I've shot aluminum arrows with Trueflight and Gateway feathers and I prefer Gateway. Seem to be more durable since they last longer for me.


----------



## Barry Duggan (Feb 15, 2010)

Bowhunters Supply Store has fairly decent prices on AMG and Gateway...quick shipment as well. And, you can mix colors within an order.


----------



## hogdgz (Feb 15, 2010)

Trueflight for me, I have tried the Gateway and dont like them at all, and I have used some AMG's and liked them better than the Gateways. The AMG feathers seemed to not last as long and like you said AL, the bases are bigger but there were not bad feathers.


----------



## gurn (Feb 15, 2010)

So far I'm likin Trueflight.


----------



## Dennis (Feb 15, 2010)

I like Truflight the best but there not cheap. Al if you are having problems with the front of the feather trying to catch on something you can heat a butter knife till its red hot and smooth down the quill so it has a smooth transition like the guys do when shooting off a knuckle.


----------



## sawtooth (Feb 15, 2010)

I've always used Trueflight, and have been happy with them. I LOSE most of my arrows well before the fletching wears out so that hasn't been an issue. I'd like to try some of the AMG's- especially if they are cheaper.


----------



## Barry Duggan (Feb 15, 2010)

After fletching, I lay the front end of the quill down with a razor blade, by slicing the front edge at an angle, then add a drop of fletching glue. Never had any problems with it catching on anything.


----------



## Al33 (Feb 15, 2010)

Dennis said:


> I like Truflight the best but there not cheap. Al if you are having problems with the front of the feather trying to catch on something you can heat a butter knife till its red hot and smooth down the quill so it has a smooth transition like the guys do when shooting off a knuckle.

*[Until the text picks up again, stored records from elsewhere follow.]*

-- ===== src/Mqtt/Failsafe.antt =====
-- What a message can do to the failsafe's configuration and to the controller.
use Prim.Native.String.{String}
use text.Mathlib.Text.{◌==◌ as str_eq}
use evse_sync_charge.Base.{
  ℕ, ◌≤◌, ◌≡◌, refl, ◌∙◌, ℤ, pos, negsuc, Option, none, some, List, [], ◌∷◌, ◌++◌, Bool, true,
  false, ◌||◌, if◌then◌else◌, arith,
}
use evse_sync_charge.Float.{Float}
use evse_sync_charge.Types.{charging}
use evse_sync_charge.Charge.{Evse}
use evse_sync_charge.Charge.Run.{
  Command, start, stop, limit, alive, allow_below_6, test_mode, test_amps, enable_rcm, exec, run,
}
use evse_sync_charge.Pilot.{duty_to_amps}
use evse_sync_charge.Charge.Control.{enable_current_test, set_current_test}
use evse_sync_charge.Mqtt
use evse_sync_charge.Mqtt.{Mqtt, Publication, publish}
use evse_sync_charge.Mqtt.Command.{
  Topic, CallbackReadings, command, set_current, set_allow_below_6_amp_charging_topic, current_test,
  set_failsafe, set_failsafe_timeout, rcm_config, other, is_on, clamp_timeout, change_failsafe,
  change_timeout, clamp_duty, test_message, mqtt_callback,
}

module _ {F : Type 0} where
  -- The failsafe's switch and its timeout as a subscriber knows them after a publication.
  abbrev next_switch : Option Bool → Publication F → Option Bool
  next_switch last (Mqtt.failsafe b) = some b
  next_switch last _ = last

  abbrev next_timeout : Option ℕ → Publication F → Option ℕ
  next_timeout last (Mqtt.failsafe_timeout n) = some n
  next_timeout last _ = last

  -- After all publications.
  abbrev pub reported_switch : Option Bool → List (Publication F) → Option Bool
  reported_switch last [] = last
  reported_switch last (p ∷ ps) = reported_switch (next_switch last p) ps

  abbrev pub reported_timeout : Option ℕ → List (Publication F) → Option ℕ
  reported_timeout last [] = last
  reported_timeout last (p ∷ ps) = reported_timeout (next_timeout last p) ps

  switch-append :
      (last : Option Bool) (ps qs : List (Publication F))
      → reported_switch last (ps ++ qs) ≡ reported_switch (reported_switch last ps) qs
  switch-append last [] qs = refl
  switch-append last (p ∷ ps) qs = switch-append (next_switch last p) ps qs

  timeout-append :
      (last : Option ℕ) (ps qs : List (Publication F))
      → reported_timeout last (ps ++ qs) ≡ reported_timeout (reported_timeout last ps) qs
  timeout-append last [] qs = refl
  timeout-append last (p ∷ ps) qs = timeout-append (next_timeout last p) ps qs

-- The configuration has what the client caches and has published last, and the timeout is from 10 s to
-- an hour.
pub record IsFailsafe {F : Type 0} (m : Mqtt F) : Type 0 where
  pub switch_reported : reported_switch none m.published ≡ some m.fs_enabled
  pub timeout_reported : reported_timeout none m.published ≡ some m.fs_timeout
  pub synced : m.config_failsafe ≡ (m.fs_enabled, m.fs_timeout)
  pub longest : m.fs_timeout ≤ 3600
  pub shortest : 10 ≤ m.fs_timeout

clamp_timeout-bounds : (z : ℤ) → (10 ≤ clamp_timeout z) × (clamp_timeout z ≤ 3600)
unfolding clamp_timeout
clamp_timeout-bounds (pos n) = ground arith
clamp_timeout-bounds (negsuc n) = omega arith

module _ {F : Type 0} where
  -- A publication on another topic.
  publish-IsFailsafe :
      (p : Publication F) (m : Mqtt F)
      → ((x : Option Bool) → next_switch x p ≡ x)
      → ((x : Option ℕ) → next_timeout x p ≡ x)
      → IsFailsafe m
      → IsFailsafe (publish p m)
  unfolding publish
  publish-IsFailsafe p m h k v = record {
    switch_reported = switch-append none m.published (p ∷ []) ∙ h _ ∙ v.switch_reported;
    timeout_reported = timeout-append none m.published (p ∷ []) ∙ k _ ∙ v.timeout_reported;
    synced = v.synced;
    longest = v.longest;
    shortest = v.shortest;
  }

  change_failsafe-IsFailsafe :
      (b : Bool) (m : Mqtt F) → IsFailsafe m → IsFailsafe (change_failsafe b m)
  unfolding change_failsafe publish
  change_failsafe-IsFailsafe b m v =
      let p : List (Publication F) = Mqtt.failsafe b ∷ [] in
      ground (arith, switch-append none m.published p, timeout-append none m.published p)

  change_timeout-IsFailsafe :
      (n : ℕ) (m : Mqtt F) → (10 ≤ n) × (n ≤ 3600) → IsFailsafe m → IsFailsafe (change_timeout n m)
  unfolding change_timeout publish
  change_timeout-IsFailsafe n m h v =
      let p : List (Publication F) = Mqtt.failsafe_timeout n ∷ [] in
      ground (arith, switch-append none m.published p, timeout-append none m.published p)

module _ (lower : String → String) {F : Type 0} ⦃fl : Float F⦄ (to_float : String → F)
    (to_int : String → ℤ) where
  test-IsFailsafe :
      (msg : String) (m : Mqtt F) (s : Evse F)
      → IsFailsafe m
      → IsFailsafe (test_message lower to_float to_int msg (m, s)).0
  unfolding test_message clamp_duty
  test-IsFailsafe msg m s v =
      let duty = clamp_duty (to_float msg) in
      let set : Publication F = Mqtt.test_duty duty (duty_to_amps duty) in
      ground (
        arith,
        publish-IsFailsafe Mqtt.test_enabled m (λ x. refl) (λ x. refl) v,
        publish-IsFailsafe Mqtt.test_disabled m (λ x. refl) (λ x. refl) v,
        publish-IsFailsafe set m (λ x. refl) (λ x. refl) v,
      )

  -- Whatever message comes on whatever topic: if the failsafe's switch and timeout in the configuration
  -- are the ones that the client caches, and were the last ones published on their topics, so they are
  -- after the message, and the timeout stays from 10 s to an hour.
  pub callback-IsFailsafe :
      (t : CallbackReadings) (topic : Topic) (msg : String) (m : Mqtt F) (s : Evse F)
      → IsFailsafe m
      → IsFailsafe (mqtt_callback lower to_float to_int t topic msg (m, s)).0
  unfolding mqtt_callback
  callback-IsFailsafe t command msg m s v = ground arith
  callback-IsFailsafe t set_current msg m s v = v
  callback-IsFailsafe t set_allow_below_6_amp_charging_topic msg m s v =
      let on = is_on (lower msg) in
      publish-IsFailsafe (Mqtt.allow_below_6_amp on) m (λ x. refl) (λ x. refl) v
  callback-IsFailsafe t current_test msg m s v = test-IsFailsafe msg m s v
  callback-IsFailsafe t set_failsafe msg m s v = change_failsafe-IsFailsafe (is_on (lower msg)) m v
  callback-IsFailsafe t set_failsafe_timeout msg m s v =
      change_timeout-IsFailsafe (clamp_timeout (to_int msg)) m (clamp_timeout-bounds (to_int msg)) v
  callback-IsFailsafe t rcm_config msg m s v = record {
    switch_reported = v.switch_reported;
    timeout_reported = v.timeout_reported;
    synced = v.synced;
    longest = v.longest;
    shortest = v.shortest;
  }
  callback-IsFailsafe t other msg m s v = v

  unfoldable pub test_commands : String → List (Command F)
  test_commands msg =
      let low = lower msg in
      if str_eq low "on" || str_eq low "enable"
      then test_mode true ∷ []
      else if str_eq low "off" || str_eq low "disable"
      then test_mode false ∷ []
      else test_mode true ∷ test_amps (duty_to_amps (clamp_duty (to_float msg))) ∷ []

  -- The commands that a message gives the controller.
  unfoldable pub commands : CallbackReadings → Topic → String → List (Command F)
  unfolding test_commands
  commands t command msg =
      if str_eq msg "start"
      then start t.start ∷ alive t.alive ∷ []
      else if str_eq msg "stop"
      then stop ∷ []
      else []
  commands t set_current msg = limit t.applied (to_float msg) ∷ alive t.alive ∷ []
  commands t set_allow_below_6_amp_charging_topic msg =
      allow_below_6 t.applied (is_on (lower msg)) ∷ []
  commands t current_test msg = test_commands msg
  commands t set_failsafe msg = []
  commands t set_failsafe_timeout msg = []
  commands t rcm_config msg = enable_rcm (is_on (lower msg)) ∷ []
  commands t other msg = []

  -- What a message does to the controller is what a sequence of commands does, which the topic and the
  -- text give; the failsafe's topics give none.
  pub callback-run :
      (t : CallbackReadings) (topic : Topic) (msg : String) (m : Mqtt F) (s : Evse F)
      → (mqtt_callback lower to_float to_int t topic msg (m, s)).1 ≡ run (commands t topic msg) s
  unfolding mqtt_callback test_message commands test_commands run exec
  callback-run t command msg m s = ground arith
  callback-run t set_current msg m s = refl
  callback-run t set_allow_below_6_amp_charging_topic msg m s = refl
  callback-run t current_test msg m s = ground arith
  callback-run t set_failsafe msg m s = refl
  callback-run t set_failsafe_timeout msg m s = refl
  callback-run t rcm_config msg m s = refl
  callback-run t other msg m s = refl

  -- In a charging session outside the current test, no message of the current test but off and disable
  -- changes the controller.
  pub test_refused :
      (t : CallbackReadings) (msg : String) (m : Mqtt F) (s : Evse F)
      → s.state ≡ charging
      → s.current_test ≡ false
      → (str_eq (lower msg) "off" || str_eq (lower msg) "disable") ≡ false
      → (mqtt_callback lower to_float to_int t current_test msg (m, s)).1 ≡ s
  unfolding mqtt_callback test_message enable_current_test set_current_test
  test_refused t msg m s c n h = ground arith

Thanks for the advice. I have not had any problems with them, I was just noting that with the higher quill profile of the AMG's they would be more likely to catch on things versus the low profile of the Trueflights. Even so, I will try what you suggest using my wood burning tool.


----------



## RogerB (Feb 15, 2010)

I find that Gateways have a more consistent quill than AMG (within each individual arrow, both height and width) This makes gateway easier for me to get perfectly fletched arrow, the AMGs want to sit at different angles on the shaft.  Trueflight has a higher profile that looks better to me on an arrow but I am not sure it really makes any difference. I shoot Gateway and AMG just because they are so much cheaper than Trueflight.
If I had to chose and use only one it would be Gateway. Although, if you want to shoot barred feathers, Trueflight looks 100 times better than Gateway (I don't shoot much barred, if I did, I would shoot Trueflight)


----------



## SOS (Feb 15, 2010)

TrueFlight, no.  AMG, no. That's wild turkey feathers!  I know...not your question.  I've not tried the AMG, but the prices seem great and wouldn't hesitate to give them a run.  When I've used store bought feathers, I don't honestly remember whether they were Gateway or Trueflight.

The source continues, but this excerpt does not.